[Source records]
▶
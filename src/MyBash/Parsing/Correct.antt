-- ===== src/MyBash/Parsing/Correct.antt =====
-- `parse_pipeline` against the grammar.
use mathlib.Core.Path.{subst}
use fa_maf_sis_op.Prelude.{
  ℕ, ◌≡◌, refl, ap, ◌∙◌, Bool, true, false, Bool-cases, Option, none, some, List, [], ◌∷◌, ◌++◌,
  ◌<◌, arith, if◌then◌else◌, length, is_some, inl, inr,
}
use mathlib.Core.Option
use mathlib.Core.List.{append-nil}
use fa_maf_sis_op.MyBash.GQueue.{GQueue, IsGQueue}
use fa_maf_sis_op.MyBash.Run.{◌>>=◌, Returns, returns, bind, Returns_of_view}
use fa_maf_sis_op.MyBash.Scommand.Laws.{Simple}
use fa_maf_sis_op.MyBash.Pipeline.{Pipeline, pipeline_new, pipeline_set_wait}
use fa_maf_sis_op.MyBash.Pipeline.Laws.{Pipe, pipe, pipeline_new_lem, pipeline_destroy_lem}
use fa_maf_sis_op.MyBash.Parser.{
  Symbol, word, redirect, bar, ampersand, blank, newline, after_line, has_garbage, HasLine, Stops,
  is_nil, is_bar, is_ampersand, behind, ParserApi, IsParser,
}
use fa_maf_sis_op.MyBash.Parsing.{
  destroy_pipeline_if_garbage, always_destroy_pipeline, Message, line_end, syntax_error,
  handle_garbage, handle_op_background, parse_pipeline,
}
use fa_maf_sis_op.MyBash.Parsing.Line.{background, SameLine, is_nil-HasLine, parsed_line}
use fa_maf_sis_op.MyBash.Parsing.Commands.{
  ParsedCommands, spoiled, complete, finish, parse_commands_lem,
}

-- What is printed: a line end at the end of the input, an error if there is no pipeline.
abbrev pub messages : (at_end : Bool) → (parsed : Bool) → List Message
messages at_end parsed =
    (if at_end then line_end ∷ [] else []) ++ (if parsed then [] else syntax_error ∷ [])

-- The outcome of `parse_pipeline` on the input `s` whose line spells `expected`.
pub record Outcome (g : GQueue) (a : ParserApi) (s : List Symbol) (expected : Option Pipe)
    (r : Option (Pipeline g) × a.Parser × List Message) : Type 0 where
  pub pipeline : Option.map pipe r.0 ≡ expected
  pub rest : a.view r.1 ≡ after_line s
  pub printed : r.2 ≡ messages (is_nil (after_line s)) (is_some expected)

-- What `handle_garbage` does with a pipeline that is good so far.
abbrev Ends :
    (g : GQueue) (a : ParserApi) → List Symbol → a.Parser → Pipeline g → Option Pipe → Type 0
Ends g a s p result expected =
    Returns (Outcome g a s expected) (handle_garbage g a p result destroy_pipeline_if_garbage)

background_lem :
    (cs : List Simple) (s : List Symbol)
    → HasLine s
    → background cs s
      ≡ (if has_garbage s then none else some (record { scommands = cs; wait = false }))
unfolding background
background_lem cs [] h = absurd h
background_lem cs (blank ∷ s) h = background_lem cs s h
background_lem cs (newline ∷ s) h = refl
background_lem cs (word w ∷ s) h = refl
background_lem cs (redirect r ∷ s) h = refl
background_lem cs (bar ∷ s) h = refl
background_lem cs (ampersand ∷ s) h = refl

module _ {g : GQueue} {a : ParserApi} (l : IsGQueue g) (k : IsParser a) where
  -- A line that is spoiled is read to its end, and the pipeline is destroyed.
  handle_garbage_always :
      (p : a.Parser) (result : Pipeline g) (s : List Symbol)
      → SameLine s (a.view p)
      → Returns (Outcome g a s none) (handle_garbage g a p result always_destroy_pipeline)
  unfolding handle_garbage
  handle_garbage_always p result s same =
      let (found, rest) = k.garbage_lem p same.has_line in
      rw
        (
          k.at_eof_lem p,
          is_nil-HasLine (a.view p) same.has_line,
          pipeline_destroy_lem l result,
          k.at_eof_lem (a.garbage p).1,
        )
        (returns
          (record { pipeline = refl; rest = rest ∙ same.rest; printed = rw (rest ∙ same.rest) }))

  -- The rest of a line whose pipeline is `result`.
  handle_garbage_if :
      (p : a.Parser) (result : Pipeline g) (s : List Symbol)
      → SameLine s (a.view p)
      → Returns
          (Outcome g a s (if has_garbage (a.view p) then none else some (pipe result)))
          (handle_garbage g a p result destroy_pipeline_if_garbage)
  unfolding handle_garbage
  handle_garbage_if p result s same =
      let (found, rest) = k.garbage_lem p same.has_line in
      elim (Bool-cases (has_garbage (a.view p))) [
        | inl more ↦
            rw
              (
                k.at_eof_lem p,
                is_nil-HasLine (a.view p) same.has_line,
                found,
                more,
                pipeline_destroy_lem l result,
                k.at_eof_lem (a.garbage p).1,
              )
              (returns (record {
                pipeline = refl;
                rest = rest ∙ same.rest;
                printed = rw (rest ∙ same.rest);
              }))
        | inr done ↦
            rw
              (
                k.at_eof_lem p,
                is_nil-HasLine (a.view p) same.has_line,
                found,
                done,
                k.at_eof_lem (a.garbage p).1,
              )
              (returns (record {
                pipeline = refl;
                rest = rest ∙ same.rest;
                printed = rw (rest ∙ same.rest, append-nil);
              }))
      ]

  -- The operator `&` is consumed and clears the flag; otherwise nothing changes.
  handle_op_background_lem :
      (p : a.Parser) (result : Pipeline g) (b : Bool)
      → HasLine (a.view p)
      → is_ampersand (a.view p) ≡ b
      → Returns
          (λ r. r ≡ ((if b then record result { wait = false } else result), (a.op_background p).1))
          (handle_op_background g a p result)
  unfolding handle_op_background pipeline_set_wait
  handle_op_background_lem p result true h e =
      rw (k.at_eof_lem p, is_nil-HasLine (a.view p) h, (k.op_background_lem p h).0, e)
        (returns refl)
  handle_op_background_lem p result false h e =
      rw (k.at_eof_lem p, is_nil-HasLine (a.view p) h, (k.op_background_lem p h).0, e)
        (returns refl)

  -- The end of a line whose commands are `cs`, at a delimiter that is no bar.
  at_delimiter :
      (p : a.Parser) (result : Pipeline g) (cs : List Simple) (s s' : List Symbol)
      → a.view p ≡ s'
      → pipe result ≡ record { scommands = cs; wait = true }
      → SameLine s (a.view p)
      → Stops s'
      → is_bar s' ≡ false
      → Returns (Outcome g a s (finish cs s')) (
          handle_op_background g a p result >>= λ (result, p).
          handle_garbage g a p result destroy_pipeline_if_garbage)
  unfolding handle_op_background finish
  at_delimiter p result cs s [] e v same st nb = absurd st
  at_delimiter p result cs s (bar ∷ s') e v same st nb = cc
  at_delimiter p result cs s (blank ∷ s') e v same st nb = absurd st
  at_delimiter p result cs s (word w ∷ s') e v same st nb = absurd st
  at_delimiter p result cs s (redirect r ∷ s') e v same st nb = absurd st
  at_delimiter p result cs s (newline ∷ s') e v same st nb =
      bind (handle_op_background_lem p result false same.has_line (ap is_ampersand e)) λ r er.
        rw er (
          subst (Ends g a s (a.op_background p).1 result) (rw (here, v))
            (handle_garbage_if (a.op_background p).1 result s (rw here (rw e at same))))
    where
      here : a.view (a.op_background p).1 ≡ newline ∷ s'
      here = (k.op_background_lem p same.has_line).1 ∙ ap (λ x. behind (is_ampersand x) x) e
  at_delimiter p result cs s (ampersand ∷ s') e v same st nb =
      bind (handle_op_background_lem p result true same.has_line (ap is_ampersand e)) λ r er.
        rw er (
          subst (Ends g a s (a.op_background p).1 (record result { wait = false }))
            (rw (
              here,
              background_lem cs s' (rw e at same.has_line),
              ap (λ (x : Pipe). x.scommands) v,
            ))
            (handle_garbage_if (a.op_background p).1 (record result { wait = false }) s
              same_behind))
    where
      here : a.view (a.op_background p).1 ≡ s'
      here = (k.op_background_lem p same.has_line).1 ∙ ap (λ x. behind (is_ampersand x) x) e

      on_line : SameLine s (ampersand ∷ s')
      on_line = rw e at same

      same_behind : SameLine s (a.view (a.op_background p).1)
      same_behind = rw here (record {
        rest = on_line.rest;
        has_line = on_line.has_line;
        shorter = omega (arith, on_line.shorter);
      })

  at_end_of_line :
      (s : List Symbol) (r : Bool × Pipeline g × a.Parser)
      → ParsedCommands g a [] s r
      → Returns (Outcome g a s (parsed_line s)) (
          if r.0
          then handle_garbage g a r.2 r.1 always_destroy_pipeline
          else (handle_op_background g a r.2 r.1 >>= λ (result, p).
              handle_garbage g a p result destroy_pipeline_if_garbage))
  unfolding parsed_line
  at_end_of_line s (true, result, p) (spoiled same e) = rw e (handle_garbage_always p result s same)
  at_end_of_line s (false, result, p) (complete cs v same st nb e) =
      rw e (at_delimiter p result cs s (a.view p) refl v same st nb)

  -- On a line that has an end, `parse_pipeline` ends within as many rounds as the input is long and
  -- fails no `assert`. It returns the pipeline that the line spells, or `NULL` if it spells none,
  -- consumes the line and its end and nothing more, prints `syntax error` exactly if the result is
  -- `NULL`, and prints a line end exactly if no input is left.
  pub parse_pipeline_lem :
      (limit : ℕ) (p : a.Parser)
      → HasLine (a.view p)
      → length (a.view p) < limit
      → Returns (Outcome g a (a.view p) (parsed_line (a.view p))) (parse_pipeline g a limit p)
  unfolding parse_pipeline
  parse_pipeline_lem limit p h short =
      rw (k.at_eof_lem p, is_nil-HasLine (a.view p) h)
        (bind {P = λ (u : Unit {0}). Unit {0}} (returns {w = []} tt) λ u trivial.
          bind (Returns_of_view pipe (pipeline_new g true) (pipeline_new_lem l true)) λ result e.
            bind (parse_commands_lem l k limit limit p result [] e h short short)
              (at_end_of_line (a.view p)))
◀
The output consists solely of the lines from the line that contains "g a limit p)" through the final line of the data.

      → Returns (Outcome g a (a.view p) (parsed_line (a.view p))) (parse_pipeline g a limit p)
  unfolding parse_pipeline
  parse_pipeline_lem limit p h short =
      rw (k.at_eof_lem p, is_nil-HasLine (a.view p) h)
        (bind {P = λ (u : Unit {0}). Unit {0}} (returns {w = []} tt) λ u trivial.
          bind (Returns_of_view pipe (pipeline_new g true) (pipeline_new_lem l true)) λ result e.
            bind (parse_commands_lem l k limit limit p result [] e h short short)
              (at_end_of_line (a.view p)))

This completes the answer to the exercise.